O alerta tinha já sido feito em período de eleições europeias, altura em que se aplicaram pela primeira vez as alterações legislativas a esta lei.

Em comunicado, a autarquia refere que "voltou a alertar a Secretaria-Geral da Administração Eleitoral e agora também a Comissão Nacional de Eleições [CNE] relativamente à falta de condições para o cumprimento da desadequada lei que permite aos cidadãos portugueses votarem antecipadamente em mobilidade".

Segundo o município, as recentes alterações legislativas conferem aos eleitores o direito ao voto antecipado em mobilidade, no domingo anterior às eleições e em qualquer capital de distrito, independentemente do município onde esteja recenseado, contudo, não acautelam "nem a informação, nem os meios adequados, depositando nas costas dos municípios que são capitais de distrito a competência e responsabilidade de um processo que não controlam e que enferma de diversos problemas".

Em concreto, aponta a câmara, "a lei cria uma enorme pressão sobre Lisboa e Porto, atribuindo aos presidentes de câmaras municipais competências que extravasam em muito o seu âmbito de atuação territorial".

Acresce que "o número de eleitores inscritos apenas é comunicado na sexta-feira anterior, pelo que o número de mesas de voto a constituir é uma incógnita até pouco mais de 24 horas antes do início da votação, salienta a autarquia.

Por outro lado, "a mesma lei que obriga as câmaras a produzir despesa e a operacionalizar um processo sem a informação necessária, não obriga os partidos e forças políticas concorrentes a colaborar no processo", não sofrendo os mesmos qualquer consequência se não nomearem delegados às mesas, "sem os quais é impossível operacionalizar o sistema".

Segundo o município, na comunicação enviada à Secretaria-Geral, dependente do Ministério da Administração Interna, e à CNE, a câmara lamenta que, "mesmo depois dos avisos e da tomada de posição oficial", "a um mês das eleições não tenha sido produzida a necessária alteração legislativa", nem tenham sido ultrapassados os problemas assinalados.

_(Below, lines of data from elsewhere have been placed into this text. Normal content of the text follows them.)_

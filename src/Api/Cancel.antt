-- ===== src/Api/Cancel.antt =====
-- cancelJob and retryJob of internal/api/jobs.go. The database checks each row that they write
-- (row_check); a row that fails it aborts the transaction.
use job_scheduling.Base.{
  ℕ, Bool, ◌&&◌, Option, none, some, String, [], ◌∷◌, ◌++◌, ◌==◌, if◌then◌else◌, find, modify,
  update_all,
}
use job_scheduling.Store.{
  Job, Outcome, Status, Db, scheduled, queued, claimed, running, completed, retry_wait, dead_letter,
  cancelled, is_terminal, is_active, is_waiting, row_check, check_violation, EventPayload,
  job_cancelled, job_retried,
}
use job_scheduling.Jobs.Slots.{queue_release}
use job_scheduling.Jobs.Start.{close_as, open_of_job, delete_lease, event}
use job_scheduling.Jobs.Claim.{has_id}
use job_scheduling.Api.Problem.{ApiReply, done, refused, not_found, conflict, database}

unfoldable pub cancelled_row : ℕ → Job → Job
cancelled_row now j = record j { status = cancelled; finished_at = some now; worker = none }

-- What a job that was claimed or running leaves behind: its execution, its lease and its slot.
unfoldable pub cancel_held : ℕ → Job → Db → Db
unfolding queue_release
cancel_held now j db =
    if is_active j.status
    then record db {
      executions = update_all (open_of_job j.id) (close_as Outcome.cancelled now) db.executions;
      leases = delete_lease j.id db.leases;
      shards = queue_release j.queue j.shard 1 db.shards;
    }
    else db

-- `"job is already in a terminal state: " + oldStatus`.
abbrev pub ended_detail : Status → String
ended_detail completed = "job is already in a terminal state: completed"
ended_detail dead_letter = "job is already in a terminal state: dead_letter"
ended_detail cancelled = "job is already in a terminal state: cancelled"
ended_detail scheduled = "job is already in a terminal state: scheduled"
ended_detail queued = "job is already in a terminal state: queued"
ended_detail claimed = "job is already in a terminal state: claimed"
ended_detail running = "job is already in a terminal state: running"
ended_detail retry_wait = "job is already in a terminal state: retry_wait"

unfoldable pub cancel_live : ℕ → ℕ → Job → Db → ApiReply Status × Db
unfolding cancelled_row cancel_held row_check
cancel_live now id j db =
    if is_terminal j.status
    then (refused (conflict (ended_detail j.status)), db)
    else if row_check (cancelled_row now j)
    then (
      done j.status,
      let db' =
            cancel_held now j
              (record db { jobs = modify (has_id id) (cancelled_row now) db.jobs }) in
          record db' {
            events =
                db'.events
                ++ event job_cancelled j.id j.project (EventPayload.from_status j.status) ∷ [];
          },
    )
    else (refused (database check_violation), db)

unfoldable pub cancel_found : ℕ → ℕ → Option Job → Db → ApiReply Status × Db
unfolding cancel_live
cancel_found now id none db = (refused (not_found "job"), db)
cancel_found now id (some j) db = cancel_live now id j db

-- cancelJob: the status that the job had.
unfoldable pub cancel_job : ℕ → ℕ → Db → ApiReply Status × Db
unfolding cancel_found
cancel_job now id db = cancel_found now id (find (has_id id) db.jobs) db

-- `where id = $1 and status in ('retry_wait', 'scheduled') and pending_deps = 0`.
unfoldable pub retriable : ℕ → Job → Bool
retriable id j = has_id id j && is_waiting j.status && j.pending_deps == 0

unfoldable pub retry_row : ℕ → Job → Job
retry_row now j = record j { status = queued; run_at = now }

unfoldable pub retry_found : ℕ → ℕ → Option Job → Db → ApiReply Status × Db
unfolding retriable retry_row
retry_found now id none db = (refused (conflict "job is not waiting to retry"), db)
retry_found now id (some j) db = (
  done queued,
  record db {
    jobs = modify (retriable id) (retry_row now) db.jobs;
    events = db.events ++ event job_retried id j.project (EventPayload.status_is queued) ∷ [];
  },
)

-- retryJob.
unfoldable pub retry_job : ℕ → ℕ → Db → ApiReply Status × Db
unfolding retry_found
retry_job now id db = retry_found now id (find (retriable id) db.jobs) db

Na missiva, o município critica este processo legislativo que considera "descuidado" e que onera as autarquias.

"Um processo legislativo que não auscultou devidamente as autarquias diretamente implicadas, atenta contra direitos, liberdades e garantias de participação política e não protege devidamente o direito de sufrágio plasmado na Constituição", lê-se no comunicado.

Para a Câmara do Porto, "a nova e inadequada legislação constitui mesmo um ato de prepotência sobre o Poder Local, uma vez que obriga a que alguns autarcas - e só alguns - organizem um processo a nível distrital, competência que não lhes cabe, sem qualquer compensação".

Pese embora "a incerteza e as dificuldades que resultam da descuidada lei", a câmara que, sublinha, "está a fazer um enorme esforço financeiro e de cooperação com a Secretaria Geral, deslocou as mesas de voto para as instalações do CCD - Centro Cultural e Desportivo dos Trabalhadores da Câmara Municipal do Porto, na Rua Alves Redol, por forma a oferecer melhores condições de voto.